Rapid identification of geographic origins of Zingiberis Rhizoma by NIRS combined with chemometrics and machine learning algorithms.
10.19540/j.cnki.cjcmm.20220514.103
- Author:
Dai-Xin YU
1
;
Sheng GUO
1
;
Xia ZHANG
2
;
Hui YAN
1
;
Zhen-Yu ZHANG
1
;
Hai-Yang LI
1
;
Jian YANG
3
;
Jin-Ao DUAN
1
Author Information
1. National and Local Collaborative Engineering Center of Chinese Medicinal Resources Industrialization and Formulae Innovative Medicine/Jiangsu Collaborative Innovation Center of Chinese Medicinal Resources Industrialization/Jiangsu Key Laboratory for High Technology Research of Traditional Chinese Medicine Formulae, Nanjing University of Chinese Medicine Nanjing 210023, China.
2. College of Artificial Intelligence and Information Technology, Nanjing University of Chinese Medicine Nanjing 210023, China.
3. State Key Laboratory Breeding Base of Dao-di Herbs, National Resource Center for Chinese Materia Medica, China Academy of Chinese Medical Sciences Beijing 100700, China.

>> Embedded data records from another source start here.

-- ===== src/Registry/Execute.antt =====
-- runtime/launcher/kernel/ulk_api.c: the execution of commands.
pub mod Effects
pub mod Responses
use universal_launcher.Prelude.{
  ℕ, zero, suc, ◌+◌, ◌-◌, ◌*◌, ◌/◌, ◌%◌, ◌^◌, ◌≤◌, ◌<◌, ◌≡◌, refl, sym, ap, ◌∙◌, ◌≢◌, ◌↔◌, ◌⊎◌, inl,
  inr, Bool, true, false, not, ◌&&◌, ◌||◌, Option, none, some, List, [], ◌∷◌, ◌++◌, append_assoc,
  append-nil, arith, ltb, leb, ◌==◌, if◌then◌else◌, ltb→lt, lt→ltb, ltb-false, leb→le, ==_iff,
  tests, Bool-cases, Option-cases, and_true, ◌>>=◌, ◌>>◌, guard, >>=-eq-some, length, all, is_nil,
  take, drop, length-append, All, All-append, All-mono, Any, All-Any, Bytes, codes, bytes_eq,
  bytes_eq_iff, bytes_eq_refl, c_string, IsTextByte, IsText, c_string-IsText, Lacks, between, ℤ,
  pos, negsuc, ◌==ℤ◌, ==ℤ_iff, ltb_ℤ,
}
use universal_launcher.View.{
  StringView, null, at, size, contents, Status, ok, error, invalid_argument, is_ok, status_code,
  unsupported_version,
}
use universal_launcher.Memory.{
  Heap, Mem, mem_bind, alloc, free, free_optional, free_all, held, all_held, Allocator,
}
use universal_launcher.Registry.Names.{view_is_text, is_canonical_command_id, effects_json_is_valid}
use universal_launcher.Registry.Model.{
  Fields, Text, text_of, block_of, Entry, Context, DescriptorV1, DescriptorV2, Called, is_missing,
  field_list, sizeof_entry, sizeof_context, capacity_limit, size_max, sizeof_descriptor_v1,
  sizeof_descriptor_v2,
}
use universal_launcher.Registry.Lifetime.{
  take_entry, unregister, Created, context_create, clear_entries, context_destroy,
  allocator_refused, effective,
}
use universal_launcher.Registry.Store.{
  find_registered, invalidate_graph, clear_registered, grow_capacity, copy_view, copy_fields,
  replace_table, ensure_capacity, some_missing, finish_entry, add_entry, may_register, add_if_ok,
  register_internal, register_v1, register_v2, names_entry,
}
use universal_launcher.Command.{
  CommandRequest, sizeof_request_v1, CommandResponse, sizeof_response_v1,
}
use universal_launcher.Session.Json.{escaped}
use universal_launcher.Session.Hex.{hex_character}
use universal_launcher.Registry.Metadata.{Metadata, builtin_commands, graph_rows}
use universal_launcher.Registry.Graph.{
  Write, all_of, minus_64, append_raw, append_char, append_string_byte, append_string_bytes,
  append_string, append_field, append_metadata, append_rows, write_graph, capacity_add,
  capacity_add_lengths, capacity_add_metadata, capacity_add_rows, set_response, Executed,
  graph_error, write_block, build_with_capacity, build_rows, build_command_graph,
}
use universal_launcher.Registry.Payloads.{
  product_payload, install_refs_payload, install_ref_inspect_payload, instances_payload,
  instance_create_preview_payload, instance_create_execute_refusal_payload, profiles_payload,
  account_refs_payload, artifact_sets_payload, launch_plan_dry_run_payload,
  launch_plan_execute_payload, diagnostics_payload, instance_create_refusal_message,
  unsupported_payload, unsupported_message, invalid_payload, invalid_message,
}
use universal_launcher.Registry.Metadata.{
  BuiltinKind, none_builtin, command_graph_inspect, product_inspect, install_refs_list,
  install_refs_inspect, instance_create, instance_list, profiles_list, account_refs_list,
  artifact_sets_list, launch_plan_build, diagnostics_run, find_builtin,
}

pub record StaticResponse : Type 0 where
  pub status : Status
  pub payload : Bytes
  pub error_message : Option Bytes

abbrev static_ok : Bytes → StaticResponse
static_ok payload = record { status = ok; payload = payload; error_message = none }

abbrev unsupported : StaticResponse
unsupported = record {
  status = unsupported_version;
  payload = unsupported_payload;
  error_message = some unsupported_message;
}

unfoldable pub dispatch_builtin : BuiltinKind → CommandRequest → StaticResponse
dispatch_builtin product_inspect request = static_ok product_payload
dispatch_builtin install_refs_list request = static_ok install_refs_payload
dispatch_builtin install_refs_inspect request = static_ok install_ref_inspect_payload
dispatch_builtin instance_create request =
    if not (request.dry_run ==ℤ pos 0) then static_ok instance_create_preview_payload else record {
      status = error;
      payload = instance_create_execute_refusal_payload;
      error_message = some instance_create_refusal_message;
    }
dispatch_builtin instance_list request = static_ok instances_payload
dispatch_builtin profiles_list request = static_ok profiles_payload
dispatch_builtin account_refs_list request = static_ok account_refs_payload
dispatch_builtin artifact_sets_list request = static_ok artifact_sets_payload
dispatch_builtin launch_plan_build request = static_ok (
    if not (request.dry_run ==ℤ pos 0)
    then launch_plan_dry_run_payload
    else launch_plan_execute_payload)
dispatch_builtin diagnostics_run request = static_ok diagnostics_payload
dispatch_builtin command_graph_inspect request = unsupported
dispatch_builtin none_builtin request = unsupported

-- What the caller of a command gets back: the int, and the response, the context and the heap as they
-- are left.
pub record Outcome : Type 0 where
  pub code : ℤ
  pub response : CommandResponse
  pub context : Context
  pub heap : Heap

abbrev outcome : Executed → Outcome
outcome e = record {
  code = status_code e.status;
  response = e.response;
  context = e.context;
  heap = e.heap;
}

unfoldable pub answer : Status → Bytes → Option Bytes → Context → Heap → Outcome
unfolding set_response
answer status payload message context heap = record {
  code = status_code status;
  response = set_response status (some payload) message;
  context = context;
  heap = heap;
}

abbrev pub is_graph : BuiltinKind → Bool
is_graph command_graph_inspect = true
is_graph _ = false

abbrev kind_of : Option Metadata → BuiltinKind
kind_of none = none_builtin
kind_of (some row) = row.kind

abbrev is_bare : StringView → Bool
is_bare (null n) = true
is_bare (at bytes) = is_nil bytes

-- `invoke handler user request response context heap` is the call of a registered handler.
module _ (grants : ℕ → ℕ → Bool)
    (invoke : ℕ → ℕ → CommandRequest → CommandResponse → Context → Heap → Outcome) where
  unfoldable pub execute_builtin : Context → CommandRequest → Heap → Outcome
  unfolding find_builtin build_command_graph dispatch_builtin answer
  execute_builtin context request heap =
      let kind = kind_of (find_builtin request.command_name) in
      let dispatched = dispatch_builtin kind request in
      if is_graph kind
      then outcome (build_command_graph grants context heap)
      else answer dispatched.status dispatched.payload dispatched.error_message context heap

  -- With a request that is valid.
  unfoldable pub execute_valid : Context → CommandRequest → CommandResponse → Heap → Outcome
  unfolding find_registered execute_builtin
  execute_valid context request response heap =
      elim (find_registered context.entries request.command_name) [
        | some e ↦ invoke e.handler e.user request response context heap
        | none ↦ execute_builtin context request heap
      ]

  unfoldable pub command_execute :
      Context → Option CommandRequest → CommandResponse → Heap → Outcome
  unfolding execute_valid answer
  command_execute context none response heap =
      if ltb response.struct_size sizeof_response_v1
      then record {
        code = status_code invalid_argument;
        response = response;
        context = context;
        heap = heap;
      }
      else answer invalid_argument invalid_payload (some invalid_message) context heap
  command_execute context (some request) response heap =
      let executed = execute_valid context request response heap in
      if ltb response.struct_size sizeof_response_v1
      then record {
        code = status_code invalid_argument;
        response = response;
        context = context;
        heap = heap;
      }
      else if ltb request.struct_size sizeof_request_v1 || is_bare request.command_name
      then answer invalid_argument invalid_payload (some invalid_message) context heap
      else executed

-- `(major << 16) | minor`, where the minor version is below 2 ^ 16.
abbrev pub abi_version : ℕ
abi_version = 1 * 2 ^ 16 + 9
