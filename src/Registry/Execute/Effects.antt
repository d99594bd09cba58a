-- ===== src/Registry/Execute/Effects.antt =====
-- What executing a command does to the registry and to the heap.
use universal_launcher.Prelude.{
  ℕ, ◌≡◌, refl, inl, inr, Bool, ◌||◌, Option, none, some, List, [], ◌∷◌, ◌++◌, ltb, Bool-cases,
  Option-cases,
}
use mathlib.Core.Path.{subst}
use universal_launcher.Memory.{Heap, alloc, held}
use universal_launcher.Registry.Model.{Context}
use universal_launcher.Registry.Store.{find_registered, invalidate_graph}
use universal_launcher.Command.{
  CommandRequest, sizeof_request_v1, CommandResponse, sizeof_response_v1,
}
use universal_launcher.Registry.Metadata.{Metadata, graph_rows}
use universal_launcher.Registry.Graph.{
  write_graph, capacity_add_rows, graph_error, write_block, build_with_capacity, build_rows,
  build_command_graph,
}
use universal_launcher.Memory.Ownership.{Owns, alloc-Owns}
use universal_launcher.Registry.Store.Blocks.{context_blocks, bare_blocks, invalidate_graph-Owns}
use universal_launcher.Registry.Metadata.{find_builtin}
use universal_launcher.Registry.Execute.{
  is_graph, kind_of, is_bare, Outcome, answer, execute_builtin, execute_valid, command_execute,
}

-- The entries stay, and the live blocks are the context's and the rest of the program's.
abbrev pub Settles : Context → List ℕ → Context → Heap → Type 0
Settles context rest context' heap' =
    (context'.entries ≡ context.entries) × Owns (context_blocks context') rest heap'

write_block-Settles :
    (context : Context) (rows : List Metadata) (block capacity : ℕ) (rest : List ℕ) (heap : Heap)
    → Owns (block ∷ bare_blocks context) rest heap
    → Settles context rest
        (write_block context rows block capacity heap).context
        (write_block context rows block capacity heap).heap
unfolding write_block graph_error invalidate_graph
write_block-Settles context rows block capacity rest heap o =
    elim (Option-cases (write_graph capacity rows)) [
      | inl n ↦
          let written : Context = record context {
            graph = some (record { block = block; text = [] });
          } in
          rw (n, write_block) (refl, invalidate_graph-Owns written rest heap o)
      | inr (text, n) ↦ rw (n, write_block) (refl, o)
    ]

module _ (grants : ℕ → ℕ → Bool) where
  build_with_capacity-Settles :
      (context : Context) (rows : List Metadata) (capacity : ℕ) (rest : List ℕ) (heap : Heap)
      → context.graph ≡ none
      → Owns (bare_blocks context) rest heap
      → Settles context rest
          (build_with_capacity grants context rows capacity heap).context
          (build_with_capacity grants context rows capacity heap).heap
  unfolding build_with_capacity graph_error
  build_with_capacity-Settles context rows capacity rest heap bare o =
      let o' = alloc-Owns grants capacity (bare_blocks context) rest heap o in
      elim (Option-cases (alloc grants capacity heap).0) [
        | inl e ↦
            rw (e, build_with_capacity)
              (
                refl,
                rw (bare) (
                    subst
                      (λ (p : Option ℕ).
                        Owns (held p ++ bare_blocks context) rest (alloc grants capacity heap).1)
                      e o'),
              )
        | inr (block, e) ↦
            rw (e, build_with_capacity)
              (write_block-Settles context rows block capacity rest _ (
                subst
                  (λ (p : Option ℕ).
                    Owns (held p ++ bare_blocks context) rest (alloc grants capacity heap).1)
                  e o'))
      ]

  build_rows-Settles :
      (context : Context) (rows : List Metadata) (rest : List ℕ) (heap : Heap)
      → context.graph ≡ none
      → Owns (bare_blocks context) rest heap
      → Settles context rest
          (build_rows grants context rows heap).context
          (build_rows grants context rows heap).heap
  unfolding build_rows graph_error
  build_rows-Settles context rows rest heap bare o =
      elim (Option-cases (capacity_add_rows rows 512)) [
        | inl n ↦ rw (n, build_rows) (refl, rw (bare) o)
        | inr (capacity, n) ↦
            rw (n, build_rows) (build_with_capacity-Settles context rows capacity rest heap bare o)
      ]

  build_command_graph-Settles :
      (context : Context) (rest : List ℕ) (heap : Heap)
      → Owns (context_blocks context) rest heap
      → Settles context rest
          (build_command_graph grants context heap).context
          (build_command_graph grants context heap).heap
  unfolding build_command_graph invalidate_graph
  build_command_graph-Settles context rest heap o =
      build_rows-Settles (invalidate_graph context heap).0 (graph_rows context.entries) rest
        (invalidate_graph context heap).1 refl (invalidate_graph-Owns context rest heap o)

module _ (grants : ℕ → ℕ → Bool)
    (invoke : ℕ → ℕ → CommandRequest → CommandResponse → Context → Heap → Outcome) where
  execute_builtin-Settles :
      (context : Context) (request : CommandRequest) (rest : List ℕ) (heap : Heap)
      → Owns (context_blocks context) rest heap
      → Settles context rest
          (execute_builtin grants invoke context request heap).context
          (execute_builtin grants invoke context request heap).heap
  unfolding execute_builtin answer
  execute_builtin-Settles context request rest heap o =
      elim (Bool-cases (is_graph (kind_of (find_builtin request.command_name)))) [
        | inl e ↦ rw (e, execute_builtin) (build_command_graph-Settles grants context rest heap o)
        | inr e ↦ rw (e, execute_builtin) (refl, o)
      ]

  execute_valid-Settles :
      (context : Context) (request : CommandRequest) (response : CommandResponse) (rest : List ℕ)
      (heap : Heap)
      → ((handler user : ℕ) (c : Context) (h : Heap)
          → Owns (context_blocks c) rest h
          → Settles c rest
              (invoke handler user request response c h).context
              (invoke handler user request response c h).heap)
      → Owns (context_blocks context) rest heap
      → Settles context rest
          (execute_valid grants invoke context request response heap).context
          (execute_valid grants invoke context request response heap).heap
  unfolding execute_valid
  execute_valid-Settles context request response rest heap handled o =
      elim (Option-cases (find_registered context.entries request.command_name)) [
        | inl n ↦ rw (n, execute_valid) (execute_builtin-Settles context request rest heap o)
        | inr (e, n) ↦ rw (n, execute_valid) (handled e.handler e.user context heap o)
      ]

  -- When the handlers leave the entries and the ownership of blocks as they are, so does the
  -- execution of any request, whatever the allocator answers: the entries stay, and the live
  -- blocks are those of the context, with its new graph, and of the rest of the program.
  pub command_execute-Settles :
      (context : Context) (request : CommandRequest) (response : CommandResponse) (rest : List ℕ)
      (heap : Heap)
      → ((handler user : ℕ) (c : Context) (h : Heap)
          → Owns (context_blocks c) rest h
          → Settles c rest
              (invoke handler user request response c h).context
              (invoke handler user request response c h).heap)
      → Owns (context_blocks context) rest heap
      → Settles context rest
          (command_execute grants invoke context (some request) response heap).context
          (command_execute grants invoke context (some request) response heap).heap
  unfolding command_execute answer
  command_execute-Settles context request response rest heap handled o =
      elim (Bool-cases (ltb response.struct_size sizeof_response_v1)) [
        | inl e ↦ rw (e, command_execute) (refl, o)
        | inr e ↦
            elim (Bool-cases
              (ltb request.struct_size sizeof_request_v1 || is_bare request.command_name)) [
                | inl k ↦ rw (e, command_execute) (rw (k) (refl, o))
                | inr k ↦
                    rw (e, command_execute)
                      (rw (k) (execute_valid-Settles context request response rest heap handled o))
              ]
      ]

- Publication Type:Journal Article
- Keywords:
NIRS;
Zingiberis Rhizoma;
chemometrics;
machine learning algorithms;
traceability
- MeSH:
Algorithms;
Chemometrics;
China;
Ginger;
Least-Squares Analysis;
Plant Extracts;
Principal Component Analysis;
Support Vector Machine
- From:
China Journal of Chinese Materia Medica
2022;47(17):4583-4592
- CountryChina
- Language:Chinese
-
Abstract:
In this study, 280 batches of Zingiberis Rhizoma samples from nine producing areas were analyzed to obtain infrared spectral information based on near-infrared spectroscopy(NIRS). Pluralistic chemometrics such as principal component analysis(PCA), partial least squares-discriminant analysis(PLS-DA), orthogonal partial least squares-discriminant analysis(OPLS-DA), K-nearest neighbors(KNN), support vector machine(SVM), random forest(RF), artificial neural network(ANN), and gradient boosting(GB) were applied for tracing of origins. The results showed that the discriminative accuracy of the spectral preprocessing by standard normal variate transformation coupled with the first derivative was 93.9%, which could be used for the construction of the discrimination model. PCA and PLS-DA score plots showed that samples from Shandong, Sichuan, Yunnan, and Guizhou could be effectively distinguished, but the remaining samples were partially overlapped. As revealed by the analysis results by machine learning algorithms, the AUC values of KNN, SVM, RF, ANN, and GB algorithms were 0.96, 0.99, 0.99, 0.99, and 0.98, respectively, with overall prediction accuracies of 83.3%, 89.3%, 90.5%, 91.7%, and 89.3%. It indicated that the developed model was reliable and the machine learning algorithm combined with NIRS for origin identification was sufficiently feasible. OPLS-DA showed that Zingiberis Rhizoma from Sichuan(genuine producing areas) could be significantly distinguished from other regions, with good discriminative accuracy, suggesting that the NIRS established in this study combined with chemometrics can be used for the identification of Zingiberis Rhizoma from Sichuan. This study established a rapid and nondestructive identification and reliable data analysis method for origin identification of Zingiberis Rhizoma, which is expected to provide a new idea for the origin tracing of Chinese medicinal materials.